Got a new crate...thought it was too small.


Played on the peanut.


Played on snow mountain (that is half melted)


----------



## elrohwen (Nov 10, 2011)

I just love your pair. Luke has such a sweet face. I think I've mentioned this before, but Zoey looks so much like a purebred catahoula I know that it's creepy. Same color, same face, same body.

And of course I love Maggie the springer.


----------



## kadylady (Sep 23, 2010)

elrohwen said:


> I just love your pair. Luke has such a sweet face. I think I've mentioned this before, but Zoey looks so much like a purebred catahoula I know that it's creepy. Same color, same face, same body.
> 
> And of course I love Maggie the springer.


Aww thanks, they are a fantastic pair, I count myself extremely blessed with these 2. I have no trouble buying Catahoula for her. She's from the south and fits the breed description pretty perfectly. Based on her personality Catahoula is easier for me to buy than Plott Hound, she's just not very houndy. I get asked a LOT what she is, people just can't quite pinpoint what they see in her and it drives them crazy.

I know you would appreciate the Maggie pics!


----------



## Chichan (Apr 1, 2014)

Sooo cute! 
also wow that's a lot of ribbons!
What did they win all those for?


----------



## kadylady (Sep 23, 2010)

Chichan said:


> Sooo cute!
> also wow that's a lot of ribbons!
> What did they win all those for?


Thanks! Haha yeah we have a lot of ribbons. Most of Zoey's are from agility and she has 1 Rally one. Luke's are all Rally.


----------



## XenaWarrior (Apr 22, 2014)

They're so gorgeous. Congrats on all the ribbons.


----------



## kadylady (Sep 23, 2010)

Just some more cuteness going on. 

Caught these 2 in snuggle mode while we were watching a movie one night.


Scary storm happened, must stick to mom like glue.


Another snuggle session after a night of rally and heeling classes.


----------



## kadylady (Sep 23, 2010)

Just chillin


Hangin on the dock


After 3 days at the lake, before we even pulled out of the driveway.


Oh also....teamwork!


----------



## jade5280 (Feb 20, 2013)

They're such a cute couple! how old is Luke? It looks like he's got some grey on his face, could just be the lighting though. We have that same chuck it bumper.


----------



## kadylady (Sep 23, 2010)

jade5280 said:


> They're such a cute couple! how old is Luke? It looks like he's got some grey on his face, could just be the lighting though. We have that same chuck it bumper.


Luke is 4.5 and he's been greying a lot lately and it makes me super sad!! It does match his "old soul" personality though lol

That chuck it bumper is the only toy that Zoey completely loses her mind over. She has such self control, until we are near water with that bumper!


----------



## jade5280 (Feb 20, 2013)

The grey isn't so bad.

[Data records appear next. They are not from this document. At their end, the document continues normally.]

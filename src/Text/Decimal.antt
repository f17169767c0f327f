-- ===== src/Text/Decimal.antt =====
-- `strconv.ParseInt` in base 10 with 64 bits, which is also `strconv.Atoi`, and the decimal print.
use sparkwrangler.Base.Int.{ℤ, pos, negsuc, neg}
use sparkwrangler.Base.{
  ℕ, zero, suc, ◌+◌, ◌-◌, ◌*◌, ◌/◌, ◌%◌, ◌^◌, ◌<◌, Bool, true, ◌&&◌, Option, none, some, [], ◌∷◌,
  ◌≡◌, arith, ltb, leb, ◌==◌, if◌then◌else◌, Bytes, ◌>>=◌, All, ◌∙◌, Bool-cases, inl, inr, ltb→lt,
  lt→ltb,
}

abbrev pub is_digit : ℕ → Bool
is_digit c = leb b'0' c && leb c b'9'

-- The number that digits spell behind `n`, if all bytes are digits.
digits_from : ℕ → Bytes → Option ℕ
digits_from n [] = some n
digits_from n (c ∷ s) = if is_digit c then digits_from (n * 10 + (c - b'0')) s else none

-- One or more digits.
unfoldable pub parse_digits : Bytes → Option ℕ
unfolding digits_from
parse_digits [] = none
parse_digits (c ∷ s) = digits_from 0 (c ∷ s)

abbrev in_range : ℕ → (ℕ → ℤ) → ℕ → Option ℤ
in_range limit sign n = if ltb n limit then some (sign n) else none

unfoldable pub parse_int64 : Bytes → Option ℤ
unfolding parse_digits
parse_int64 [] = none
parse_int64 (c ∷ s) =
    if c == b'-'
    then parse_digits s >>= in_range (2 ^ 63 + 1) neg
    else if c == b'+'
    then parse_digits s >>= in_range (2 ^ 63) pos
    else parse_digits (c ∷ s) >>= in_range (2 ^ 63) pos

-- The decimal print, last digit first into the output; a number below the fuel is printed whole.
digits : ℕ → ℕ → Bytes → Bytes
digits zero n out = out
digits (suc fuel) n out =
    let rest = digits fuel (n / 10) ((b'0' + n % 10) ∷ out) in
    if ltb n 10 then (b'0' + n) ∷ out else rest

unfoldable pub format_nat : ℕ → Bytes
unfolding digits
format_nat n = digits (suc n) n []

abbrev IsDigit : ℕ → Type 0
IsDigit c = is_digit c ≡ true

-- The verb `%d`.
unfoldable pub format_int : ℤ → Bytes
format_int (pos n) = format_nat n
format_int (negsuc n) = b'-' ∷ format_nat (suc n)

digits_from-last :
    (n : ℕ) (out : Bytes) → digits_from (n / 10) ((b'0' + n % 10) ∷ out) ≡ digits_from n out
unfolding digits_from
digits_from-last n out = ground arith

digits_from-one :
    (n : ℕ) (out : Bytes) → n < 10 → digits_from 0 ((b'0' + n) ∷ out) ≡ digits_from n out
unfolding digits_from
digits_from-one n out h = ground arith

-- Reading back the digits printed before `out` gives `n`, and then reads `out`.
digits_from-digits :
    (fuel n : ℕ) (out : Bytes) → n < fuel → digits_from 0 (digits fuel n out) ≡ digits_from n out
unfolding digits
digits_from-digits zero n out h = absurd (omega arith)
digits_from-digits (suc fuel) n out h = elim (Bool-cases (ltb n 10)) [
  | inl one ↦ rw one (digits_from-one n out (ltb→lt n 10 one))
  | inr more ↦ rw more (
      digits_from-digits fuel (n / 10) ((b'0' + n % 10) ∷ out) (ground arith)
      ∙ digits_from-last n out)
]

digits-IsDigit :
    (fuel n : ℕ) (out : Bytes) → n < fuel → All IsDigit out → All IsDigit (digits fuel n out)
unfolding digits
digits-IsDigit zero n out h k = absurd (omega arith)
digits-IsDigit (suc fuel) n out h k = elim (Bool-cases (ltb n 10)) [
  | inl one ↦ rw one (ground arith, k)
  | inr more ↦
      rw more
        (digits-IsDigit fuel (n / 10) ((b'0' + n % 10) ∷ out) (ground arith) (ground arith, k))
]

digits-cons :
    (fuel n : ℕ) (out : Bytes) → n < fuel → (c : ℕ) × (s : Bytes) × (digits fuel n out ≡ c ∷ s)
unfolding digits
digits-cons zero n out h = absurd (omega arith)
digits-cons (suc fuel) n out h = elim (Bool-cases (ltb n 10)) [
  | inl one ↦ (b'0' + n, out, rw one)
  | inr more ↦
      let (c, s, e) = digits-cons fuel (n / 10) ((b'0' + n % 10) ∷ out) (ground arith) in
      (c, s, rw more e)
]

-- A print is one or more digits.
pub format_nat_cons : (n : ℕ) → (c : ℕ) × (s : Bytes) × (format_nat n ≡ c ∷ s)
unfolding format_nat
format_nat_cons n = digits-cons (suc n) n [] (omega arith)

pub format_nat-IsDigit : (n : ℕ) → All (λ c. is_digit c ≡ true) (format_nat n)
unfolding format_nat
format_nat-IsDigit n = digits-IsDigit (suc n) n [] (omega arith) tt

parse_digits-format_nat : (n : ℕ) → parse_digits (format_nat n) ≡ some n
unfolding parse_digits format_nat
parse_digits-format_nat n =
    let (c, s, e) = digits-cons (suc n) n [] (omega arith) in
    rw e (rw e at (digits_from-digits (suc n) n [] (omega arith)))

parse_int64_digits :
    (c : ℕ) (s : Bytes)
    → is_digit c ≡ true
    → parse_int64 (c ∷ s) ≡ (parse_digits (c ∷ s) >>= in_range (2 ^ 63) pos)
unfolding parse_int64
parse_int64_digits c s h = ground arith

-- Every number that an `int64` holds is read back from its decimal print.
pub parse_int64-format_nat : (n : ℕ) → n < 2 ^ 63 → parse_int64 (format_nat n) ≡ some (pos n)
parse_int64-format_nat n h =
    let (c, s, e) = format_nat_cons n in
    let digit = rw e at (format_nat-IsDigit n) in
    let value = rw e at (parse_digits-format_nat n) in
    rw e (parse_int64_digits c s digit.0 ∙ rw value (rw (lt→ltb n (2 ^ 63) h)))
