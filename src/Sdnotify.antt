-- ===== src/Sdnotify.antt =====
-- The package `internal/sdnotify`: systemd's readiness protocol. The environment is a function, and what
-- the socket does with a datagram is a parameter.
pub mod Watchdog
use sparkwrangler.Base.Int.{ℤ, pos, ◌*ℤ◌, wrap64, quot, leb_ℤ}
use sparkwrangler.Base.{
  Bool, true, false, not, ◌&&◌, ◌||◌, Option, none, some, List, [], ◌∷◌, ◌++◌, ◌==◌, if◌then◌else◌,
  Bytes, codes, is_some,
}
use sparkwrangler.Text.Decimal.{parse_int64}

-- `os.LookupEnv`
abbrev pub Env : Type 0
Env = Bytes → Option Bytes

-- `os.Getenv`
abbrev pub getenv : Env → Bytes → Bytes
getenv env name = elim (env name) [ none ↦ [] | some v ↦ v ]

-- The connection is the address of the socket that it was dialled to.
pub record Notifier : Type 0 where
  pub conn : Option Bytes

-- A leading @ denotes the abstract namespace.
socket_address : Bytes → Bytes
socket_address [] = []
socket_address (c ∷ addr) = if c == b'@' then 0 ∷ addr else c ∷ addr

dialled : (Bytes → Bool) → Bytes → Option Bytes
unfolding socket_address
dialled dial [] = none
dialled dial (c ∷ addr) = let a = socket_address (c ∷ addr) in if dial a then some a else none

-- `New`; the argument `dial` says whether `net.DialUnix` succeeds.
unfoldable pub new : Env → (Bytes → Bool) → Notifier
unfolding dialled
new env dial = record { conn = dialled dial (getenv env (codes "NOTIFY_SOCKET")) }

unfoldable pub enabled : Notifier → Bool
enabled n = is_some n.conn

-- What an operation gives to the socket, and whether it returns an error.
pub record Written : Type 0 where
  pub datagrams : List Bytes
  pub failed : Bool

-- The argument `writes` says of a datagram whether the socket takes it.
unfoldable pub send : (Bytes → Bool) → Notifier → Bytes → Written
unfolding enabled
send writes n msg =
    if enabled n
    then record { datagrams = msg ∷ []; failed = not (writes msg) }
    else record { datagrams = []; failed = false }

unfoldable pub ready : (Bytes → Bool) → Notifier → Written
unfolding send
ready writes n = send writes n (codes "READY=1")

unfoldable pub status : (Bytes → Bool) → Notifier → Bytes → Written
unfolding send
status writes n text = send writes n (codes "STATUS=" ++ text)

unfoldable pub watchdog : (Bytes → Bool) → Notifier → Written
unfolding send
watchdog writes n = send writes n (codes "WATCHDOG=1")

unfoldable pub stopping : (Bytes → Bool) → Notifier → Written
unfolding send
stopping writes n = send writes n (codes "STOPPING=1")

-- `Close`: whether the socket is released, and whether that fails.
pub record Closed : Type 0 where
  pub released : Bool
  pub failed : Bool

unfoldable pub close : Bool → Notifier → Closed
unfolding enabled
close closes n =
    if enabled n
    then record { released = true; failed = not closes }
    else record { released = false; failed = false }

-- `err != nil || p != os.Getpid()`, negated.
same_pid : ℤ → Option ℤ → Bool
same_pid pid none = false
same_pid pid (some p) = leb_ℤ p pid && leb_ℤ pid p

-- The test of `WATCHDOG_PID`, which an empty value passes.
pid_matches : ℤ → Bytes → Bool
unfolding same_pid
pid_matches pid [] = true
pid_matches pid (c ∷ text) = same_pid pid (parse_int64 (c ∷ text))

-- Half of the microseconds, as a duration; the product is an `int64`.
half_of : Option ℤ → ℤ
half_of none = pos 0
half_of (some micros) = if leb_ℤ micros (pos 0) then pos 0 else quot (wrap64 (micros *ℤ pos 1000)) 2

interval_of : ℤ → Bytes → Bytes → ℤ
unfolding pid_matches half_of
interval_of pid [] owner = pos 0
interval_of pid (c ∷ usec) owner =
    if pid_matches pid owner then half_of (parse_int64 (c ∷ usec)) else pos 0

-- `WatchdogInterval`, in the process `pid`.
unfoldable pub watchdog_interval : Env → ℤ → ℤ
unfolding interval_of
watchdog_interval env pid =
    interval_of pid (getenv env (codes "WATCHDOG_USEC")) (getenv env (codes "WATCHDOG_PID"))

It just makes him look more sophisticated. He's the George Clooney of dogs!


----------



## kadylady (Sep 23, 2010)

Been busy...

Rally show and each earned a new title. 


Went to the "big lake" on labor day weekend...






Tired beach dog...


Fun new collar from an "auntie"


Snuggled with mom


New agility title this weekend


----------



## DGerry (Sep 12, 2014)

Haha, they look so happy at the lake! Gotta love a tired dog, too


----------



## jade5280 (Feb 20, 2013)

Aww that pic of you all snuggling is so cute!


----------



## d_ray (Nov 5, 2013)

I don't know how I missed this thread. They are such a cute pair. I love the snuggle pics!


----------



## kadylady (Sep 23, 2010)

Big incoming photo drop from the last couple months!

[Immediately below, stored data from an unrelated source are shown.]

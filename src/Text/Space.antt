-- ===== src/Text/Space.antt =====
-- `strings.TrimSpace` and `strings.Fields`: white space is Unicode's, read from its UTF-8 bytes.
use mathlib.Core.List.{reverse-append, reverse-reverse}
use sparkwrangler.Base.{
  ℕ, zero, suc, ◌≤◌, ◌<◌, Bool, ◌&&◌, ◌||◌, List, [], ◌∷◌, ◌++◌, reverse, append_assoc, append-nil,
  ◌≡◌, refl, ◌∙◌, ap, arith, leb, ◌==◌, if◌then◌else◌, Bytes, All, last-All,
}

-- The ASCII part of `unicode.IsSpace`: tab to carriage return, and the blank.
abbrev pub is_ascii_space : ℕ → Bool
is_ascii_space c = (leb 9 c && leb c 13) || c == 32

-- U+0085 and U+00A0.
abbrev is_space2 : ℕ → ℕ → Bool
is_space2 a b = a == 0xc2 && (b == 0x85 || b == 0xa0)

-- U+1680, U+2000 to U+200A, U+2028, U+2029, U+202F, U+205F and U+3000.
abbrev is_space3 : ℕ → ℕ → ℕ → Bool
is_space3 a b c =
    (a == 0xe1 && b == 0x9a && c == 0x80)
    || (a == 0xe2
        && b == 0x80
        && ((leb 0x80 c && leb c 0x8a) || c == 0xa8 || c == 0xa9 || c == 0xaf))
    || (a == 0xe2 && b == 0x81 && c == 0x9f)
    || (a == 0xe3 && b == 0x80 && c == 0x80)

-- The length of a white-space character of several bytes that `a` begins, 0 if there is none.
wide_width : ℕ → Bytes → ℕ
wide_width a [] = 0
wide_width a (b ∷ []) = if is_space2 a b then 2 else 0
wide_width a (b ∷ c ∷ s) = if is_space2 a b then 2 else if is_space3 a b c then 3 else 0

-- The number of bytes of the white-space character at the head of a text, 0 if there is none.
space_width : Bytes → ℕ
unfolding wide_width
space_width [] = 0
space_width (a ∷ s) = if is_ascii_space a then 1 else wide_width a s

-- The same for a character that ends with `c`, where the bytes before it are given back to front.
wide_width_rev : ℕ → Bytes → ℕ
wide_width_rev c [] = 0
wide_width_rev c (b ∷ []) = if is_space2 b c then 2 else 0
wide_width_rev c (b ∷ a ∷ s) = if is_space2 b c then 2 else if is_space3 a b c then 3 else 0

space_width_rev : Bytes → ℕ
unfolding wide_width_rev
space_width_rev [] = 0
space_width_rev (c ∷ s) = if is_ascii_space c then 1 else wide_width_rev c s

-- Drops `n` bytes, and the white space behind them.
skip : (Bytes → ℕ) → ℕ → Bytes → Bytes
skip width n [] = []
skip width (suc n) (c ∷ s) = skip width n s
skip width zero (c ∷ s) = elim (width (c ∷ s)) [ zero ↦ c ∷ s | suc w ↦ skip width w s ]

unfoldable pub trim_space : Bytes → Bytes
unfolding skip space_width space_width_rev
trim_space s = reverse (skip space_width_rev 0 (reverse (skip space_width 0 s)))

-- A word, if there is one.
abbrev flush : Bytes → List Bytes
flush [] = []
flush (c ∷ w) = (c ∷ w) ∷ []

fields_from : ℕ → Bytes → Bytes → List Bytes
fields_from n word [] = flush word
fields_from (suc n) word (c ∷ s) = fields_from n word s
fields_from zero word (c ∷ s) = elim (space_width (c ∷ s)) [
  | zero ↦ fields_from zero (word ++ c ∷ []) s
  | suc w ↦ flush word ++ fields_from w [] s
]

unfoldable pub fields : Bytes → List Bytes
unfolding fields_from space_width
fields s = fields_from 0 [] s

-- The visible ASCII characters.
abbrev pub IsGraphic : ℕ → Type 0
IsGraphic c = (33 ≤ c) × (c < 127)

space_width-graphic : (c : ℕ) (s : Bytes) → IsGraphic c → space_width (c ∷ s) ≡ 0
unfolding space_width
space_width-graphic c [] h = ground arith
space_width-graphic c (b ∷ []) h = ground arith
space_width-graphic c (b ∷ a ∷ s) h = ground arith

space_width_rev-graphic : (c : ℕ) (s : Bytes) → IsGraphic c → space_width_rev (c ∷ s) ≡ 0
unfolding space_width_rev
space_width_rev-graphic c [] h = ground arith
space_width_rev-graphic c (b ∷ []) h = ground arith
space_width_rev-graphic c (b ∷ a ∷ s) h = ground arith

skip-visible :
    (width : Bytes → ℕ) (c : ℕ) (s : Bytes) → width (c ∷ s) ≡ 0 → skip width 0 (c ∷ s) ≡ c ∷ s
unfolding skip
skip-visible width c s h = rw (h, skip)

-- Nothing is trimmed from a text that begins and ends with visible characters.
pub trim_space-visible :
    (s t : Bytes) (a z : ℕ) (u : Bytes)
    → s ≡ a ∷ t
    → s ≡ u ++ z ∷ []
    → IsGraphic a
    → IsGraphic z
    → trim_space s ≡ s
unfolding trim_space
trim_space-visible s t a z u p q ha hz =
    let left : skip space_width 0 s ≡ s =
      rw p (skip-visible space_width a t (space_width-graphic a t ha)) in
    let back : reverse s ≡ z ∷ reverse u = rw q (reverse-append u (z ∷ [])) in
    let right : skip space_width_rev 0 (reverse s) ≡ reverse s =
      rw back
        (skip-visible space_width_rev z (reverse u) (space_width_rev-graphic z (reverse u) hz)) in
    rw (left, right) (reverse-reverse s)

-- A text that begins and ends with a visible character.
pub record IsTrimmed (s : Bytes) : Type 0 where
  pub first : ℕ
  pub rest : Bytes
  pub init : Bytes
  pub last : ℕ
  pub starts : s ≡ first ∷ rest
  pub stops : s ≡ init ++ last ∷ []
  pub first_graphic : IsGraphic first
  pub last_graphic : IsGraphic last

pub trim_space-IsTrimmed : (s : Bytes) → IsTrimmed s → trim_space s ≡ s
trim_space-IsTrimmed s t =
    trim_space-visible s t.rest t.first t.last t.init t.starts t.stops t.first_graphic
      t.last_graphic

-- What stands between two such texts does not matter.
pub IsTrimmed-append : (a m b : Bytes) → IsTrimmed a → IsTrimmed b → IsTrimmed (a ++ (m ++ b))
IsTrimmed-append a m b s t = record {
  first = s.first;
  rest = s.rest ++ (m ++ b);
  init = a ++ (m ++ t.init);
  last = t.last;
  starts = ap (λ x. x ++ (m ++ b)) s.starts;
  stops = ap (λ x. a ++ (m ++ x)) t.stops ∙ simp append_assoc;
  first_graphic = s.first_graphic;
  last_graphic = t.last_graphic;
}

pub IsTrimmed-word : (c : ℕ) (w : Bytes) → All IsGraphic (c ∷ w) → IsTrimmed (c ∷ w)
IsTrimmed-word c w h =
    let (init, z, e, hz) = last-All IsGraphic c w h in
    record {
      first = c;
      rest = w;
      init = init;
      last = z;
      starts = refl;
      stops = e;
      first_graphic = h.0;
      last_graphic = hz;
    }

-- Nothing is trimmed from a word.
pub trim_space-word : (c : ℕ) (w : Bytes) → All IsGraphic (c ∷ w) → trim_space (c ∷ w) ≡ c ∷ w
trim_space-word c w h =
    let (init, z, e, hz) = last-All IsGraphic c w h in
    trim_space-visible (c ∷ w) w c z init refl e h.0 hz

-- A blank in front is trimmed.
pub trim_space-blank : (s : Bytes) → trim_space (32 ∷ s) ≡ trim_space s
unfolding trim_space
trim_space-blank [] = refl
trim_space-blank (c ∷ s) = refl

fields_from-word :
    (w s word : Bytes) → All IsGraphic w → fields_from 0 word (w ++ s) ≡ fields_from 0 (word ++ w) s
unfolding fields_from
fields_from-word [] s word h = rw append-nil
fields_from-word (c ∷ w) s word h =
    rw (space_width-graphic c (w ++ s) h.0, fields_from)
      (fields_from-word w s (word ++ c ∷ []) h.1 ∙ rw append_assoc)

-- A word at the end of a text is its last field.
pub fields-word : (c : ℕ) (w : Bytes) → All IsGraphic (c ∷ w) → fields (c ∷ w) ≡ (c ∷ w) ∷ []
unfolding fields
fields-word c w h = rw (append-nil w) at (fields_from-word (c ∷ w) [] [] h)

-- A blank in front of a text is skipped.
pub fields-blank : (s : Bytes) → fields (32 ∷ s) ≡ fields s
unfolding fields
fields-blank [] = refl
fields-blank (c ∷ s) = refl

-- A word with a blank behind it is the first field.
pub fields-cons :
    (c : ℕ) (w s : Bytes) → All IsGraphic (c ∷ w) → fields ((c ∷ w) ++ 32 ∷ s) ≡ (c ∷ w) ∷ fields s
unfolding fields
fields-cons c w [] h = fields_from-word (c ∷ w) (32 ∷ []) [] h
fields-cons c w (d ∷ s) h = fields_from-word (c ∷ w) (32 ∷ d ∷ s) [] h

Showing off our fun collars


Bed hog


New Rally titles for both in December (Luke RE, Zoey RA)




Christmas coma 




Derp face!


----------



## kadylady (Sep 23, 2010)

More!





Everybody loves the puppy's pink bed






Tired dogs after assisting me in classes all afternoon


Ta da!!


----------



## jade5280 (Feb 20, 2013)

So cute! Love the last pic! How does it feel to have 3? Is it much different than 2?


----------



## HicktownJuliet (Aug 26, 2012)

I love them!!


----------



## kadylady (Sep 23, 2010)

Thanks!! They are a great group.



jade5280 said:


> So cute! Love the last pic! How does it feel to have 3? Is it much different than 2?

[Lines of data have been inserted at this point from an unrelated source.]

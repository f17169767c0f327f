-- ===== src/Config/Load.antt =====
-- internal/config/config.go: the settings of a node. The parsers of durations and of integers in any
-- base are parameters.
pub mod Valid
pub mod Settings
pub mod Sources
use sparkwrangler.Base.Int.{ℤ, pos, ◌*ℤ◌, ltb_ℤ}
use sparkwrangler.Base.{
  ℕ, Bool, true, false, not, ◌||◌, Option, none, some, List, [], ◌∷◌, ◌++◌, ◌==◌, if◌then◌else◌,
  Bytes, codes, Dict, insert, lookup, Result, ok, err, take, zero, suc,
}
use sparkwrangler.Config.Flags.{
  Parsers, FlagSet, FlagError, Value, text, integer, boolean, duration, parse, parse_bool,
}
use sparkwrangler.Sdnotify.{Env}
use sparkwrangler.Text.Decimal.{parse_int64}
use sparkwrangler.Text.Search.{index_any?}
use sparkwrangler.Text.Space.{trim_space}

pub record Config : Type 0 where
  pub node_id : Bytes
  pub node_name : Bytes
  pub vllm_url : Bytes
  pub vllm_timeout : ℤ
  pub config_url : Bytes
  pub broker_url : Bytes
  pub client_id : Bytes
  pub username : Bytes
  pub password : Bytes
  pub discovery_prefix : Bytes
  pub topic_prefix : Bytes
  pub qos : ℤ
  pub ca_file : Bytes
  pub cert_file : Bytes
  pub key_file : Bytes
  pub tls_server : Bytes
  pub tls_insecure : Bool
  pub interval : ℤ
  pub nvidia_smi_path : Bytes
  pub device_model : Bytes
  pub net_interface : Bytes
  pub area : Bytes
  pub log_level : Bytes

pub data ConfigError : Type 0 where
  flags : FlagError → ConfigError
  no_node_id : ConfigError
  short_interval : ℤ → ConfigError
  bad_qos : ℤ → ConfigError

-- A `time.Duration` counts nanoseconds.
abbrev pub second : ℤ
second = pos 1_000_000_000

is_blank : Bytes → Bool
is_blank [] = true
is_blank (c ∷ s) = false

-- `Config.WorkerMode`
unfoldable pub worker_mode : Config → Bool
unfolding is_blank
worker_mode c = is_blank (trim_space c.vllm_url)

-- `Config.validate`, which returns the configuration that it accepts.
unfoldable pub validate : Config → Result ConfigError Config
unfolding is_blank
validate c =
    if is_blank c.node_id
    then err no_node_id
    else if ltb_ℤ c.interval second
    then err (short_interval c.interval)
    else if ltb_ℤ c.qos (pos 0) || ltb_ℤ (pos 2) c.qos
    then err (bad_qos c.qos)
    else ok c

abbrev or_default {ℓ} : {A : Type ℓ} → Option A → A → A
or_default none fallback = fallback
or_default (some v) fallback = v

-- `strings.Index(hostname, ".")`, at a position behind the first byte.
cut_at : Bytes → Option ℕ → Bytes
cut_at host none = host
cut_at host (some zero) = host
cut_at host (some (suc i)) = take (suc i) host

unfoldable pub short_hostname : Bytes → Bytes
unfolding cut_at
short_hostname host = cut_at host (index_any? (λ c. c == b'.') host)

unfoldable pub env_text : Env → Bytes → Bytes → Bytes
env_text e name fallback = or_default (e (codes "SPARKWRANGLER_" ++ name)) fallback

unfoldable pub env_bool : Env → Bytes → Bool → Bool
unfolding env_text
env_bool e name fallback = or_default (parse_bool (env_text e name [])) fallback

unfoldable pub env_int : Env → Bytes → ℤ → ℤ
unfolding env_text
env_int e name fallback = or_default (parse_int64 (env_text e name [])) fallback

unfoldable pub env_duration : Parsers → Env → Bytes → ℤ → ℤ
unfolding env_text
env_duration p e name fallback = or_default (p.duration (env_text e name [])) fallback

-- The flags with their defaults, which the environment overrides.
unfoldable pub flag_set : Parsers → Env → Bytes → FlagSet
unfolding env_text env_bool env_int env_duration
flag_set p e host =
    (codes "node-id", text (env_text e (codes "NODE_ID") host))
    ∷ (codes "node-name", text (env_text e (codes "NODE_NAME") []))
    ∷ (codes "vllm-url", text (env_text e (codes "VLLM_URL") (codes "http://localhost:8000")))
    ∷ (codes "config-url", text (env_text e (codes "CONFIG_URL") []))
    ∷ (codes "vllm-timeout", duration (env_duration p e (codes "VLLM_TIMEOUT") (pos 5 *ℤ second)))
    ∷ (codes "broker", text (env_text e (codes "BROKER") (codes "tcp://localhost:1883")))
    ∷ (codes "client-id", text (env_text e (codes "CLIENT_ID") []))
    ∷ (codes "username", text (env_text e (codes "USERNAME") []))
    ∷ (codes "password", text (env_text e (codes "PASSWORD") []))
    ∷ (
      codes "discovery-prefix",
      text (env_text e (codes "DISCOVERY_PREFIX") (codes "homeassistant")),
    )
    ∷ (codes "topic-prefix", text (env_text e (codes "TOPIC_PREFIX") (codes "sparkwrangler")))
    ∷ (codes "qos", integer (env_int e (codes "QOS") (pos 1)))
    ∷ (codes "ca-file", text (env_text e (codes "CA_FILE") []))
    ∷ (codes "tls-cert", text (env_text e (codes "TLS_CERT") []))
    ∷ (codes "tls-key", text (env_text e (codes "TLS_KEY") []))
    ∷ (codes "tls-servername", text (env_text e (codes "TLS_SERVERNAME") []))
    ∷ (codes "tls-insecure", boolean (env_bool e (codes "TLS_INSECURE") false))
    ∷ (codes "interval", duration (env_duration p e (codes "INTERVAL") (pos 15 *ℤ second)))
    ∷ (codes "nvidia-smi", text (env_text e (codes "NVIDIA_SMI") []))
    ∷ (codes "device-model", text (env_text e (codes "DEVICE_MODEL") []))
    ∷ (codes "net-interface", text (env_text e (codes "NET_INTERFACE") []))
    ∷ (codes "area", text (env_text e (codes "AREA") []))
    ∷ (codes "log-level", text (env_text e (codes "LOG_LEVEL") (codes "info")))
    ∷ []

-- The value of a flag; every flag that is read is defined, with a value of its type.
text_value : Option Value → Bytes
text_value (some (text s)) = s
text_value _ = []

int_value : Option Value → ℤ
int_value (some (integer n)) = n
int_value (some (duration n)) = n
int_value _ = pos 0

bool_value : Option Value → Bool
bool_value (some (boolean b)) = b
bool_value _ = false

-- The variables that the flags are bound to.
unfoldable pub bound : FlagSet → Config
unfolding text_value int_value bool_value
bound fs = record {
  node_id = text_value (lookup (codes "node-id") fs);
  node_name = text_value (lookup (codes "node-name") fs);
  vllm_url = text_value (lookup (codes "vllm-url") fs);
  config_url = text_value (lookup (codes "config-url") fs);
  vllm_timeout = int_value (lookup (codes "vllm-timeout") fs);
  broker_url = text_value (lookup (codes "broker") fs);
  client_id = text_value (lookup (codes "client-id") fs);
  username = text_value (lookup (codes "username") fs);
  password = text_value (lookup (codes "password") fs);
  discovery_prefix = text_value (lookup (codes "discovery-prefix") fs);
  topic_prefix = text_value (lookup (codes "topic-prefix") fs);
  qos = int_value (lookup (codes "qos") fs);
  ca_file = text_value (lookup (codes "ca-file") fs);
  cert_file = text_value (lookup (codes "tls-cert") fs);
  key_file = text_value (lookup (codes "tls-key") fs);
  tls_server = text_value (lookup (codes "tls-servername") fs);
  tls_insecure = bool_value (lookup (codes "tls-insecure") fs);
  interval = int_value (lookup (codes "interval") fs);
  nvidia_smi_path = text_value (lookup (codes "nvidia-smi") fs);
  device_model = text_value (lookup (codes "device-model") fs);
  net_interface = text_value (lookup (codes "net-interface") fs);
  area = text_value (lookup (codes "area") fs);
  log_level = text_value (lookup (codes "log-level") fs);
}

pub load_flags : Result FlagError FlagSet → Result ConfigError Config
unfolding bound validate
load_flags (err e) = err (flags e)
load_flags (ok fs) = validate (bound fs)

-- `Load`, in an environment, on a host, with the command line's arguments.
unfoldable pub load : Parsers → Env → Bytes → List Bytes → Result ConfigError Config
unfolding load_flags flag_set
load p e hostname args = load_flags (parse p (flag_set p e (short_hostname hostname)) args)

Yes, I would say 3 definitely feels different than 2, more than going from 1 to 2 did. There is a little more management that has to happen with 3 vs 2. Example, Luke and Zoey were always fine just standing together, watching and waiting for me to prepare their meals. With 3 we have implemented an everybody goes to their place and waits routine, because there was more tension with 3 of them gathered around waiting for food vs just the 2 of them and I absolutely did not want that tension to turn into anything. I have to be a little more watchful of what is left out for them to chew on as Luke has been a little more guardy of certain things since Skye joined (which he didn't do when Zoey joined). I also have to watch their play a little more carefully so that 2 don't end up ganging up on 1 too much. Just things like that, nothing super hard or difficult, just adjusting some routines and adding little bits of management as needed to make everyone feel comfortable. Which I know happens pretty much anytime you add a new dog, I just have felt this one the most.


----------